PSU Mark

Mathematics Department

Graduate Program

Eberly College of Science Mathematics Department

Mentors and Advisers

Arriving graduate students are expected to select mentors during their first month at Penn State. A mentor is not a scientific adviser, even though students often choose their mentors to be their advisers. Hence it is a good idea to select a mentor who works in your general area of interest. Your mentor should definitely be a person who you feel comfortable to talk to, to share your problems, and to ask for advice or help.

Your mentor is your primary contact in the department. He or she advises on selecting courses to take and seminars to attend, helps to resolve any problems with courses, exams, teaching, and practical matters of any kind. Students should not "swim on their own", and mentors help to take care of them until they select advisers.

Selecting an adviser is perhaps the most important decision during graduate studies.
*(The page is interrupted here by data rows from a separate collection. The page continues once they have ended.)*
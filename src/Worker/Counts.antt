-- ===== src/Worker/Counts.antt =====
-- Counting the rows of job_attempts (internal/worker/store.go).
use flick_drop.Base.{
  ℕ, suc, ◌+◌, ◌≤◌, ◌<◌, ◌≡◌, refl, String, Bool, true, false, ◌&&◌, Option, none, some, List, [],
  ◌∷◌, ◌++◌, arith, nat_beq, ◌==◌, Bool-cases, inl, inr, beq_self, ap, string_eq, if◌then◌else◌,
}
use flick_drop.Worker.Tables.{
  AttemptResult, running, attempt_failed, Attempt, is_running, update_where, finish_row,
  find_attempt,
}

-- The attempts of a job that are running, and all of its attempts.
abbrev pub count_running : String → List Attempt → ℕ
count_running j [] = 0
count_running j (a ∷ rows) =
    if a.job_id == j && is_running a.result
    then suc (count_running j rows)
    else count_running j rows

abbrev pub count_rows_of : String → List Attempt → ℕ
count_rows_of j [] = 0
count_rows_of j (a ∷ rows) =
    if a.job_id == j then suc (count_rows_of j rows) else count_rows_of j rows

abbrev pub IdsBelow : ℕ → List Attempt → Type 0
IdsBelow n [] = Unit {0}
IdsBelow n (a ∷ rows) = (a.id < n) × IdsBelow n rows

pub count_running-append :
    (j : String) (rows : List Attempt) (a : Attempt)
    → count_running j (rows ++ a ∷ []) ≡ count_running j rows + count_running j (a ∷ [])
count_running-append j [] a = ground arith
count_running-append j (b ∷ rows) a = ground (arith, count_running-append j rows a)

pub count_rows_of-append :
    (j : String) (rows : List Attempt) (a : Attempt)
    → count_rows_of j (rows ++ a ∷ []) ≡ count_rows_of j rows + count_rows_of j (a ∷ [])
count_rows_of-append j [] a = ground arith
count_rows_of-append j (b ∷ rows) a = ground (arith, count_rows_of-append j rows a)

pub count_running-recover :
    (j : String) (now : ℕ) (rows : List Attempt)
    → count_running j (
        update_where
          (λ a. a.job_id == j && is_running a.result)
          (finish_row attempt_failed now none)
          rows)
      ≡ 0
count_running-recover j now [] = refl
count_running-recover j now (b ∷ rows) = ground (arith, count_running-recover j now rows)

pub count_running-finish :
    (j : String) (p : Attempt → Bool) (r : AttemptResult) (now : ℕ) (e : Option String)
    (rows : List Attempt)
    → is_running r ≡ false
    → count_running j (update_where p (finish_row r now e) rows) ≤ count_running j rows
count_running-finish j p r now e [] h = ground arith
count_running-finish j p r now e (b ∷ rows) h =
    ground (arith, count_running-finish j p r now e rows h)

pub count_running-finish_one :
    (id : ℕ) (r : AttemptResult) (now : ℕ) (e : Option String) (rows : List Attempt) (a : Attempt)
    → is_running r ≡ false
    → find_attempt id rows ≡ some a
    → a.result ≡ running
    → count_running a.job_id
        (update_where (λ b. nat_beq b.id id && is_running b.result) (finish_row r now e) rows)
      < count_running a.job_id rows
count_running-finish_one id r now e [] a h f u = absurd (cc f)
count_running-finish_one id r now e (b ∷ rows) a h f u = elim (Bool-cases (nat_beq b.id id)) [
  | inl i ↦ found (ground (arith, f, i)) i
  | inr n ↦ ground (arith, count_running-finish_one id r now e rows a h (ground (arith, f, n)) u)
]
  where
    rest :
        count_running a.job_id
          (update_where (λ b. nat_beq b.id id && is_running b.result) (finish_row r now e) rows)
        ≤ count_running a.job_id rows
    rest = count_running-finish a.job_id _ r now e rows h

    found :
        b ≡ a
        → nat_beq b.id id ≡ true
        → count_running a.job_id (
            update_where
              (λ b. nat_beq b.id id && is_running b.result)
              (finish_row r now e)
              (b ∷ rows))
          < count_running a.job_id (b ∷ rows)
    found same i =
        ground (arith, rest, beq_self a.job_id, ap Attempt.job_id same, ap Attempt.result same)

pub count_rows_of-update :
    (j : String) (p : Attempt → Bool) (r : AttemptResult) (now : ℕ) (e : Option String)
    (rows : List Attempt)
    → count_rows_of j (update_where p (finish_row r now e) rows) ≡ count_rows_of j rows
count_rows_of-update j p r now e [] = refl
count_rows_of-update j p r now e (b ∷ rows) = ground (arith, count_rows_of-update j p r now e rows)

pub update_where-IdsBelow :
    (n : ℕ) (p : Attempt → Bool) (r : AttemptResult) (now : ℕ) (e : Option String)
    (rows : List Attempt)
    → IdsBelow n rows
    → IdsBelow n (update_where p (finish_row r now e) rows)
update_where-IdsBelow n p r now e [] h = tt
update_where-IdsBelow n p r now e (b ∷ rows) (l, h) =
    ground (arith, update_where-IdsBelow n p r now e rows h)

pub append-IdsBelow :
    (n : ℕ) (rows : List Attempt) (a : Attempt)
    → IdsBelow n rows
    → a.id ≡ n
    → IdsBelow (suc n) (rows ++ a ∷ [])
append-IdsBelow n [] a h e = ground arith
append-IdsBelow n (b ∷ rows) a (l, h) e = (ground arith, append-IdsBelow n rows a h e)

pub find_attempt-append :
    (n : ℕ) (rows : List Attempt) (a : Attempt)
    → IdsBelow n rows
    → a.id ≡ n
    → find_attempt n (rows ++ a ∷ []) ≡ some a
find_attempt-append n [] a h e = ground arith
find_attempt-append n (b ∷ rows) a (l, h) e = ground (arith, find_attempt-append n rows a h e)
Even though you can change your adviser at any time, choosing or changing advisers too late in the program is the primary cause of failing to obtain a Ph.D for students who have passed their qualifying exams. It is a requirement that students select their advisers by the end of their fifth semester. It is strongly recommended that you choose your adviser no later than one semester after you passed all qualifying exams.

A list of recent Penn State Mathematics Ph.D.s and their thesis advisers is available.

There are a number of strategies for selecting advisers. You should certainly do some web surfing and look at research of faculty you are considering. You may go to seminar talks or attend several classes taught by faculty working in your general area of interest. You may schedule appointments with several faculty members and ask them to give you sample problems or just exercises, or to simply talk to you about their research and projects they could offer you. You should however be prepared that some faculty may not agree to advise you since they have too many advisees or if you do not have necessary background; others may set up a "trial period" to see if it works well for both of you.